### Your assignment
Consider the entries given below. Count the lines that include "Prelude" and give only the count.

Stored items from a collection
------------------------------------------------------------
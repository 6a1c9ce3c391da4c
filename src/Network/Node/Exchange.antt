-- ===== src/Network/Node/Exchange.antt =====
-- A synchronisation: the request is understood, is answered from a block that both chains hold, and
-- the answer is collected in order.
use mathlib.Core.List.{append_assoc, append-nil}
use forgechain.Prelude.{ℕ, ◌≡◌, refl, sym, ◌∙◌, true, some, List, [], ◌∷◌, ◌++◌, map, All}
use forgechain.Prelude.Outcome.{Outcome, ok, ◌>>=◌}
use forgechain.Crypto.{OpenSsl}
use forgechain.Core.Block
use forgechain.Core.Block.{Block}
use forgechain.Core.Block.RoundTrip
use forgechain.Core.Block.RoundTrip.{received, deserialize-serialize_block}
use forgechain.Consensus.Difficulty.{Doubles}
use forgechain.Network.Clock.{TimePoint}
use forgechain.Network.GetBlocks.Laws
use forgechain.Network.Node.State.{PeerPtr, Node, Delivery}
use forgechain.Network.Node.Sync.{buffer_block}
use forgechain.Network.Node.Handlers.{syncs_with, handle_block, send_blocks}

module _ ⦃ssl : OpenSsl⦄ ⦃doubles : Doubles⦄ where
  -- The messages of a peer, handled one after the other.
  unfoldable pub handle_blocks : TimePoint → ℕ → PeerPtr → List Delivery → Node → Outcome Node
  handle_blocks now date p [] node = ok node
  handle_blocks now date p (d ∷ ds) node =
      handle_block now date p d.message.payload node >>= λ done. handle_blocks now date p ds done.0

  syncs_with-buffer_block :
      (now : TimePoint) (b : Block) (p : PeerPtr) (node : Node)
      → syncs_with p node ≡ true
      → syncs_with p (buffer_block now (some b) node) ≡ true
  unfolding syncs_with buffer_block
  syncs_with-buffer_block now b p node h = h

  handle_block-buffers :
      (now : TimePoint) (date : ℕ) (p : PeerPtr) (b : Block) (node : Node)
      → RoundTrip.Fits b
      → syncs_with p node ≡ true
      → handle_block now date p (Block.serialize b) node
        ≡ ok (buffer_block now (some (received b)) node, [])
  unfolding handle_block
  handle_block-buffers now date p b node fits mine =
      rw (handle_block, mine, deserialize-serialize_block b fits) refl

  -- The blocks that the peer of a synchronisation sends are collected in the order in which they
  -- come, behind those that were there, and the chain is left alone.
  pub handle_blocks-collects :
      (now : TimePoint) (date : ℕ) (p q : PeerPtr) (bs : List Block) (node : Node)
      → All RoundTrip.Fits bs
      → syncs_with p node ≡ true
      → (node' : Node) × (handle_blocks now date p (send_blocks q bs) node ≡ ok node')
        × (node'.sync_state.buffer ≡ node.sync_state.buffer ++ map received bs)
        × (node'.chain ≡ node.chain)
        × (syncs_with p node' ≡ true)
  unfolding handle_blocks send_blocks buffer_block
  handle_blocks-collects now date p q [] node fits mine =
      (node, refl, sym (append-nil node.sync_state.buffer), refl, mine)
  handle_blocks-collects now date p q (b ∷ bs) node (f, fs) mine =
      let next = buffer_block now (some (received b)) node in
      let (node', e, collected, kept, mine') =
        handle_blocks-collects now date p q bs next fs
          (syncs_with-buffer_block now (received b) p node mine) in
      (
        node',
        rw (handle_block-buffers now date p b node f mine) e,
        collected ∙ append_assoc node.sync_state.buffer (received b ∷ []) (map received bs),
        kept,
        mine',
      )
------------------------------------------------------------
### Solution for this exercise
2